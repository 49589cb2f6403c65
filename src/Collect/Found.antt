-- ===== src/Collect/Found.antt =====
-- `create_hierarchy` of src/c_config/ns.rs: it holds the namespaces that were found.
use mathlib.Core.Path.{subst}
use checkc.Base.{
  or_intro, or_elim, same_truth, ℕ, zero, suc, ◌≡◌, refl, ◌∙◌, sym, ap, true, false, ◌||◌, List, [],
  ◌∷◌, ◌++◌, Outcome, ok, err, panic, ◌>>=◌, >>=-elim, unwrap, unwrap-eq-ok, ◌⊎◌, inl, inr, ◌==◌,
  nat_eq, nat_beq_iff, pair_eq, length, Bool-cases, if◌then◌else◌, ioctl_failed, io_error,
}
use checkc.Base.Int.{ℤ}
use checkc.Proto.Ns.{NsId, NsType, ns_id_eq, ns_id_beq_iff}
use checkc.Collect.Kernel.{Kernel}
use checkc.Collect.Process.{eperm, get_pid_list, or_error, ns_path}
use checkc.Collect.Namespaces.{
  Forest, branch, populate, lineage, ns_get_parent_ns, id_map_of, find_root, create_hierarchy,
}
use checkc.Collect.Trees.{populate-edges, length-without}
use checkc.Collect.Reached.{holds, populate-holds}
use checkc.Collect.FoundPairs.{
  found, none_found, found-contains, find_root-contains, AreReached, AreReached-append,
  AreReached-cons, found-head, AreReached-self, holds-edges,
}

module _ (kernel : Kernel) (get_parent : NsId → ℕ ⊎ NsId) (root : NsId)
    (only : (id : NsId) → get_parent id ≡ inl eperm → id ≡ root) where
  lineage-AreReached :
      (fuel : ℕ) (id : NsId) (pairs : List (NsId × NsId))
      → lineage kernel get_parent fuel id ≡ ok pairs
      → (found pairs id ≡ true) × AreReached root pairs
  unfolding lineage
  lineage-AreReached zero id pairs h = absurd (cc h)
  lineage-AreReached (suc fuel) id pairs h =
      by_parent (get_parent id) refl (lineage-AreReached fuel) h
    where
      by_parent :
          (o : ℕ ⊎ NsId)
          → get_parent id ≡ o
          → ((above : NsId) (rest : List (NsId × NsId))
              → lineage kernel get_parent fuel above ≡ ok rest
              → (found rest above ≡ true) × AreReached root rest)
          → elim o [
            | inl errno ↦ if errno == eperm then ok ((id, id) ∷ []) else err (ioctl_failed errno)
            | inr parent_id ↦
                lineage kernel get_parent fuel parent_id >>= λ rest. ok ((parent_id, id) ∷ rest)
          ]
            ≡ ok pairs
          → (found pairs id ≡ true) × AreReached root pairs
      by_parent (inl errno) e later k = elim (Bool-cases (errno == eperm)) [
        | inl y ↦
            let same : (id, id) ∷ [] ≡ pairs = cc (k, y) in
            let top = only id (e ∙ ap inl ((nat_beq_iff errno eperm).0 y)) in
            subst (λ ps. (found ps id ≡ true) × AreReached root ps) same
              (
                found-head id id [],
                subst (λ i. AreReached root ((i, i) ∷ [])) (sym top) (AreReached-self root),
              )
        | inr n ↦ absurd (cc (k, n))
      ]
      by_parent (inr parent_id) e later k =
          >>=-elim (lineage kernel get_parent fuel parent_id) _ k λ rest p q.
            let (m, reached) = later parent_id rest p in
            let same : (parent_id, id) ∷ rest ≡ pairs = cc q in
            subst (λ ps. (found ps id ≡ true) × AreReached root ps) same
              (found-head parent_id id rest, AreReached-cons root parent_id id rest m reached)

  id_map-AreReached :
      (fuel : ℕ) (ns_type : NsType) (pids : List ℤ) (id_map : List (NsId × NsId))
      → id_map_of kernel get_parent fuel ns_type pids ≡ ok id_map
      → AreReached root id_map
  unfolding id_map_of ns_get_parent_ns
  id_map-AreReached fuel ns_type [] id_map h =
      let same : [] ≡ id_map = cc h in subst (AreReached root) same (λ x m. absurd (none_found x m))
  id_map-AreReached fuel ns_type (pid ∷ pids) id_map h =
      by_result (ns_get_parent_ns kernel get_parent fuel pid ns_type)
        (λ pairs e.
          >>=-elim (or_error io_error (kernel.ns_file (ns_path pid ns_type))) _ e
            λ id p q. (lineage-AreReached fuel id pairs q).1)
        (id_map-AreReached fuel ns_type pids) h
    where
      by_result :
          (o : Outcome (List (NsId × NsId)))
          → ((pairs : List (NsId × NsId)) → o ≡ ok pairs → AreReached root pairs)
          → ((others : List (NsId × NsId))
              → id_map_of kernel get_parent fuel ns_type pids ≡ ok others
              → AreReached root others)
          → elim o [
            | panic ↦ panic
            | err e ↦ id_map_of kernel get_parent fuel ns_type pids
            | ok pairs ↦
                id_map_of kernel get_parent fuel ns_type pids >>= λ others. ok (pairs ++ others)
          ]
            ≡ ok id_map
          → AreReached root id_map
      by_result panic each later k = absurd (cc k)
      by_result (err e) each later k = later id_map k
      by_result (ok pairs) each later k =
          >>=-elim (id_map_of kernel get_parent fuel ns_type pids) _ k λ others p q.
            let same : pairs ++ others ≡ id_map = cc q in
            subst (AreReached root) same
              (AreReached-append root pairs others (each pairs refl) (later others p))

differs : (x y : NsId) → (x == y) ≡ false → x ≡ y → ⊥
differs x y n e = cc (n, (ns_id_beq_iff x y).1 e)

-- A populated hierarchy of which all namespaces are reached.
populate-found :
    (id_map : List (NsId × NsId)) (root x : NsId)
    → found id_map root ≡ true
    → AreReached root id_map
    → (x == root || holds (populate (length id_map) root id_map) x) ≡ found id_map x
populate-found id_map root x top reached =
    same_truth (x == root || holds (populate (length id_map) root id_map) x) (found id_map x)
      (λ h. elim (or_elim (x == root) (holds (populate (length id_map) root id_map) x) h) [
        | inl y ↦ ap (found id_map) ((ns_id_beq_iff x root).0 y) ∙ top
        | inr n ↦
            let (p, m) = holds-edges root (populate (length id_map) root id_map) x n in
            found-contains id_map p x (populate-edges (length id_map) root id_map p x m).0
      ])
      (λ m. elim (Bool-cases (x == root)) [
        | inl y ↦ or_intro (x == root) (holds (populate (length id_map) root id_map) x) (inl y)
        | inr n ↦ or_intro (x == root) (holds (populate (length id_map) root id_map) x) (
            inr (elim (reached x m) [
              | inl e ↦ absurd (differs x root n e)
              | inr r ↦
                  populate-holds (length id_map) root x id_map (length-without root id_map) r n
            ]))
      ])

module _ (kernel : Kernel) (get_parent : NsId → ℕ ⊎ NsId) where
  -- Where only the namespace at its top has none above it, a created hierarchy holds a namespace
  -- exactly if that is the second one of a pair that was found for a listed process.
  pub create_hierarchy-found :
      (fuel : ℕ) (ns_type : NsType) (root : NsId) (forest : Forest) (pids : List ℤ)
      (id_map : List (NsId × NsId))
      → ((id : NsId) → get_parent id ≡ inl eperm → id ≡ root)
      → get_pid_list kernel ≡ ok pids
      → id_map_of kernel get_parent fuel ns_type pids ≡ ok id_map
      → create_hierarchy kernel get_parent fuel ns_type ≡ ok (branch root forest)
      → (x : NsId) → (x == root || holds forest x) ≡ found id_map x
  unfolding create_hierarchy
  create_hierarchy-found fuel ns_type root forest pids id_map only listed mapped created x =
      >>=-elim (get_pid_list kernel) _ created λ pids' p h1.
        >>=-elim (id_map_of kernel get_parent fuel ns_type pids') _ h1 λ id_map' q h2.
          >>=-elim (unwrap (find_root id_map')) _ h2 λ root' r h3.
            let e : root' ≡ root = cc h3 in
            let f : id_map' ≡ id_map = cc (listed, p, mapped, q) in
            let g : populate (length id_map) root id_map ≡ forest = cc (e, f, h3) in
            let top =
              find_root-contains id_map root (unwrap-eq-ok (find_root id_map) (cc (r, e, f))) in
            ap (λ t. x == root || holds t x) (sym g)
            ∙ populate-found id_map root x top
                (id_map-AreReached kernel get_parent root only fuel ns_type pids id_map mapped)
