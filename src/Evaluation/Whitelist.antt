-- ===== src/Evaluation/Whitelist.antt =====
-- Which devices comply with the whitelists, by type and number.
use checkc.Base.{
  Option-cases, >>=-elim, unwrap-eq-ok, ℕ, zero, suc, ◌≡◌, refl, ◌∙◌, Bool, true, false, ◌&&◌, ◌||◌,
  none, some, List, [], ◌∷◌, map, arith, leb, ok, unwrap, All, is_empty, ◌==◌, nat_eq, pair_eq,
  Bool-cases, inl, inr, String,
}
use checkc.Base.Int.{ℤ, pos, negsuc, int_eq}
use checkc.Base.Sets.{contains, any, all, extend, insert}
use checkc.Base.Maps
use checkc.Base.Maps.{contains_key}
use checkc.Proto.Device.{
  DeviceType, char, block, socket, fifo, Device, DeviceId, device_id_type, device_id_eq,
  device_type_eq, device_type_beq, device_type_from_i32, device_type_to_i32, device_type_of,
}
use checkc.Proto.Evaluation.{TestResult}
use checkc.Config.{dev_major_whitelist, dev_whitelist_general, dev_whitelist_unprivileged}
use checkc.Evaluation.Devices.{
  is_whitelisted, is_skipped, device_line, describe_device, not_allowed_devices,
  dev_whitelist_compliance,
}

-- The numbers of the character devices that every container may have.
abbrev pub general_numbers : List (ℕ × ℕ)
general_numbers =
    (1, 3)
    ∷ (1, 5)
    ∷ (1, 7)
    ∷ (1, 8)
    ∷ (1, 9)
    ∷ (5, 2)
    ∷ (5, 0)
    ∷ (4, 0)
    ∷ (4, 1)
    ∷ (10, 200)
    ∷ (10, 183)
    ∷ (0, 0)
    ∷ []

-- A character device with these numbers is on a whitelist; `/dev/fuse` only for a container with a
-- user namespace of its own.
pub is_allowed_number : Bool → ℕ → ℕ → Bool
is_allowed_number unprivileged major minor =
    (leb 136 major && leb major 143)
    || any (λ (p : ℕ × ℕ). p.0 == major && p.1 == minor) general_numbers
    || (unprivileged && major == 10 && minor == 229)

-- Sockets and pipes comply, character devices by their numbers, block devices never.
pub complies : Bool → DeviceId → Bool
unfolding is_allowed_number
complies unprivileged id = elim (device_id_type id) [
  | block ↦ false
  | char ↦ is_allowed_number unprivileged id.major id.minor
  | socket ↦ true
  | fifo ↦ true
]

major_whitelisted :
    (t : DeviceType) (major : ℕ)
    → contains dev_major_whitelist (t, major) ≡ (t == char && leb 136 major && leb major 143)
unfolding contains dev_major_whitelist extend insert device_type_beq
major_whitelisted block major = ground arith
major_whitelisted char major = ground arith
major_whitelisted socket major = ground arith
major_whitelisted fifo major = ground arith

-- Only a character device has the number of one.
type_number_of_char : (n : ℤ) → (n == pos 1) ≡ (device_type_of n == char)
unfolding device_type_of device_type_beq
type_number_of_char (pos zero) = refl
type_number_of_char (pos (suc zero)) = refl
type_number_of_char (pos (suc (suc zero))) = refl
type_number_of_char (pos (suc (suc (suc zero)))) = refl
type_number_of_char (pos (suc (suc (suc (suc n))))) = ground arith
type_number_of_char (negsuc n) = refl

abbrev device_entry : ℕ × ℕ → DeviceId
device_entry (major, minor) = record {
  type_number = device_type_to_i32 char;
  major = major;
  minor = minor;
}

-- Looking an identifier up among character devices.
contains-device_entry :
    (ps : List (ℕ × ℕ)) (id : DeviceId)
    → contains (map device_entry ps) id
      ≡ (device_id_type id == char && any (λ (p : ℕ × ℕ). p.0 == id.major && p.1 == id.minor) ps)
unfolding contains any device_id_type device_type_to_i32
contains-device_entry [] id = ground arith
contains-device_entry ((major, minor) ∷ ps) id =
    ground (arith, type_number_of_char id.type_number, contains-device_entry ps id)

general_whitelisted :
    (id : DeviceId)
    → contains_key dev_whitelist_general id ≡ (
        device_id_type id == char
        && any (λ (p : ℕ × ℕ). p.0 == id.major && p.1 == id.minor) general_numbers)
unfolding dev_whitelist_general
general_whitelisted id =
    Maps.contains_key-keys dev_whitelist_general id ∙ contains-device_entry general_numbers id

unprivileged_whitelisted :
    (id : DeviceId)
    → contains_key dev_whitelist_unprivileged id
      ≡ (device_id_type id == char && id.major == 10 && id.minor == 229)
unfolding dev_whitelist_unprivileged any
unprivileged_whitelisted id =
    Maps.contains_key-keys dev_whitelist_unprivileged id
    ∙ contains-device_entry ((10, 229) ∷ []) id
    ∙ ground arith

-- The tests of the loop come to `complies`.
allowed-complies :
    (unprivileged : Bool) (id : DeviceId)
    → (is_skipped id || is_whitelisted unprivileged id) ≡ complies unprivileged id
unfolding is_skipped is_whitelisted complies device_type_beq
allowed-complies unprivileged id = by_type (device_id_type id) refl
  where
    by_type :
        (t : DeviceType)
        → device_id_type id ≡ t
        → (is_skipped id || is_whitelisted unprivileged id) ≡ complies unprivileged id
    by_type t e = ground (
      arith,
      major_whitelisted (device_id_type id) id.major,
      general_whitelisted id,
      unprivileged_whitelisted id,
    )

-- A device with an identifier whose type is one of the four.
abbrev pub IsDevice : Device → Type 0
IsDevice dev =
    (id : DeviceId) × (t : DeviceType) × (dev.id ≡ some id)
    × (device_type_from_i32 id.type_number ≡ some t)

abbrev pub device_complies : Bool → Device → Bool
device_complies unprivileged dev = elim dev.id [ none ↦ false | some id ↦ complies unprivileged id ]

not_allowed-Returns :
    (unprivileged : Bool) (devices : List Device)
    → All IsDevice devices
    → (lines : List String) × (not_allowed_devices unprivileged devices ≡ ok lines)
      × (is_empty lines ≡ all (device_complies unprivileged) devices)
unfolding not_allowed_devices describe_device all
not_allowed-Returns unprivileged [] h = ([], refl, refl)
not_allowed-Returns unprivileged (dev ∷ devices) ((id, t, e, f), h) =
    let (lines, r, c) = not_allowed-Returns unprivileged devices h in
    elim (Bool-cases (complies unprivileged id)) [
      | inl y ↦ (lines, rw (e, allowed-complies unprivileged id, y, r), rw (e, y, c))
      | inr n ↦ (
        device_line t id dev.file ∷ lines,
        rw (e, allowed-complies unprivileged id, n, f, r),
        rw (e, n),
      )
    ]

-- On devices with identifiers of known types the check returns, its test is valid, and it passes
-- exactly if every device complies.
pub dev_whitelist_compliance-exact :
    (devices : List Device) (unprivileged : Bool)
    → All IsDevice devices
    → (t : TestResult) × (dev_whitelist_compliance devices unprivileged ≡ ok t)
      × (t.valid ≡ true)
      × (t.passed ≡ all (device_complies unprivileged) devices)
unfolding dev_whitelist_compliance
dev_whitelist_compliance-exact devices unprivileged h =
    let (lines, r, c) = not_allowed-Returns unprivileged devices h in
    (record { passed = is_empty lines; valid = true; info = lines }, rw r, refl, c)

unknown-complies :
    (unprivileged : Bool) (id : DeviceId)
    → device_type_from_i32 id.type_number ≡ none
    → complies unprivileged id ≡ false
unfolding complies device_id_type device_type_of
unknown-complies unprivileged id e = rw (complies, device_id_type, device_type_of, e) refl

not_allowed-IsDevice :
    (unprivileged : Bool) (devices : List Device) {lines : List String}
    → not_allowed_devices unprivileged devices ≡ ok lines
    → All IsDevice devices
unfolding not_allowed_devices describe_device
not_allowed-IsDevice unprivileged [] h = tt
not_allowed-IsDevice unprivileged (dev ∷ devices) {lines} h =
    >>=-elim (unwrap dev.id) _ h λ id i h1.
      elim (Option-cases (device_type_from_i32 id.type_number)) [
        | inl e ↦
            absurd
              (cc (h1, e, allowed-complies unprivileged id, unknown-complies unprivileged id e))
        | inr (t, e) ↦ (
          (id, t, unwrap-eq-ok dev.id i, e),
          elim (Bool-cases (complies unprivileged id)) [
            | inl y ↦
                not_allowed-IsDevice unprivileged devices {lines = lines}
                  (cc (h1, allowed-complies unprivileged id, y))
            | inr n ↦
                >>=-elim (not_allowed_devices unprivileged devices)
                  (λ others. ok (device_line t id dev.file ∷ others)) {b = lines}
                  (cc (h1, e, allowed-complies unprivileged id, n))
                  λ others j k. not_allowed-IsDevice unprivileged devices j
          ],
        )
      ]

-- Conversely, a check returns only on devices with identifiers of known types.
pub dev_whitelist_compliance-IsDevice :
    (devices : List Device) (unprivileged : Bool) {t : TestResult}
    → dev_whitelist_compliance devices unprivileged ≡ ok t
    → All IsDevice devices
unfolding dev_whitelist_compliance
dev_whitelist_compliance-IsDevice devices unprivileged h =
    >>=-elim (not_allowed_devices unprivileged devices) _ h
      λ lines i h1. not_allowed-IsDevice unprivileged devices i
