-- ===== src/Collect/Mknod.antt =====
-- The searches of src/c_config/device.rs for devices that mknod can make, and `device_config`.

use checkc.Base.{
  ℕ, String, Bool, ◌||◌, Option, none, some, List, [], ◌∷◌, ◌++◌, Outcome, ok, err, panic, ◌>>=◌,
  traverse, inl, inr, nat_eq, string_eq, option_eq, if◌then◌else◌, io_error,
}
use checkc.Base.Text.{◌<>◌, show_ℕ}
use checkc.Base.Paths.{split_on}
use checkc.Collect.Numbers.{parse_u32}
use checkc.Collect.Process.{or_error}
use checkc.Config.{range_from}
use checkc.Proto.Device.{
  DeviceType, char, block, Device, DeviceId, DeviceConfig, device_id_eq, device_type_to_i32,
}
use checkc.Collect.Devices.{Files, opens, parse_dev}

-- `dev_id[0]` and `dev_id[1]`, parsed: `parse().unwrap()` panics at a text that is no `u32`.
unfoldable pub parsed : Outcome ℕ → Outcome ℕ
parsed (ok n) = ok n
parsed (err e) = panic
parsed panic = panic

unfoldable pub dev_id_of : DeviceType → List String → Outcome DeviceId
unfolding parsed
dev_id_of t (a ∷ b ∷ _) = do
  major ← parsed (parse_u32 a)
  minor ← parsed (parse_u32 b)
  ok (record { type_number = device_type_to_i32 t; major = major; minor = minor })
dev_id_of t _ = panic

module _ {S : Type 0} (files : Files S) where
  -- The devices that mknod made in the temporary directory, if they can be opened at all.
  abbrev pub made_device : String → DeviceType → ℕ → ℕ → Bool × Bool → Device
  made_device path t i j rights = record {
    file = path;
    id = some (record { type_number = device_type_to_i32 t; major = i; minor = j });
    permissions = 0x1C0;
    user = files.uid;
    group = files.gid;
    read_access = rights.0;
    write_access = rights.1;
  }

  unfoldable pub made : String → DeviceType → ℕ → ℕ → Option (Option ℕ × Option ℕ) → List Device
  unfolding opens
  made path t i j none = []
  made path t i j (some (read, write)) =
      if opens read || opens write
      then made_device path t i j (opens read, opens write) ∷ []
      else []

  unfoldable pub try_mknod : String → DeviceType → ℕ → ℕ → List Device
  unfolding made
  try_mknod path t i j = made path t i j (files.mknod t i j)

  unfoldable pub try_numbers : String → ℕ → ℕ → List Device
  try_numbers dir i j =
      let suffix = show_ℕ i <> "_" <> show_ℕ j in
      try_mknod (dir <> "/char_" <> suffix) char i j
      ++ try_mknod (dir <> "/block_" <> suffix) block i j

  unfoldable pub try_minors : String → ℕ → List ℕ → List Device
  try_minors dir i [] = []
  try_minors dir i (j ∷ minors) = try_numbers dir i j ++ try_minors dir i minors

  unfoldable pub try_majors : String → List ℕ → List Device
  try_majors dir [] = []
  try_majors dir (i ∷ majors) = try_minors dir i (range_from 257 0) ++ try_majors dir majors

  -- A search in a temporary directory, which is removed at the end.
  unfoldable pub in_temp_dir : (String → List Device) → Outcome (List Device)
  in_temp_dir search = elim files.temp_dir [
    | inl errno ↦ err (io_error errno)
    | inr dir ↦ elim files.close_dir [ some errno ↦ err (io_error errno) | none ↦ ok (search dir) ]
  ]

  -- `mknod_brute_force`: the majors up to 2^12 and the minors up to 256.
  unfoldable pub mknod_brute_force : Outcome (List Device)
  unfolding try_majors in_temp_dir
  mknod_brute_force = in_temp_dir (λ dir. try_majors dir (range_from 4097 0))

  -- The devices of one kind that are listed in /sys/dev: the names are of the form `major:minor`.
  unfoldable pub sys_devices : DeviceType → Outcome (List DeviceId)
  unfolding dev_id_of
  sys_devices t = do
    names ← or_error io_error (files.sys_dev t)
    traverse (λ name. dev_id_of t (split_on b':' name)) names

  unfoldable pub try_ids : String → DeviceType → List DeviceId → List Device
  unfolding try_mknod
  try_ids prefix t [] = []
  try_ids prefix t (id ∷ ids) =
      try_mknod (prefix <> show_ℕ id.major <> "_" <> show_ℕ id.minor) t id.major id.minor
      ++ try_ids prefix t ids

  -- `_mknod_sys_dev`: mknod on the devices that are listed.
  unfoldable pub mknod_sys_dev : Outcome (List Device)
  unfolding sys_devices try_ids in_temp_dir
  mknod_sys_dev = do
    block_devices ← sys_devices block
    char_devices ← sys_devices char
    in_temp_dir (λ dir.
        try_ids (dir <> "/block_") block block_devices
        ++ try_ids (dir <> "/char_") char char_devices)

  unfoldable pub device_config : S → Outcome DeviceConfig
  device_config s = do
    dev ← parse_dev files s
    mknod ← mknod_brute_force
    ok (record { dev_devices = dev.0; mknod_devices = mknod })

++++++++++

**Prompt:** Select the lines from the entries that include the word "negsuc".

**Task output:**
use checkc.Base.Int.{ℤ, pos, negsuc, int_eq}
type_number_of_char (negsuc n) = refl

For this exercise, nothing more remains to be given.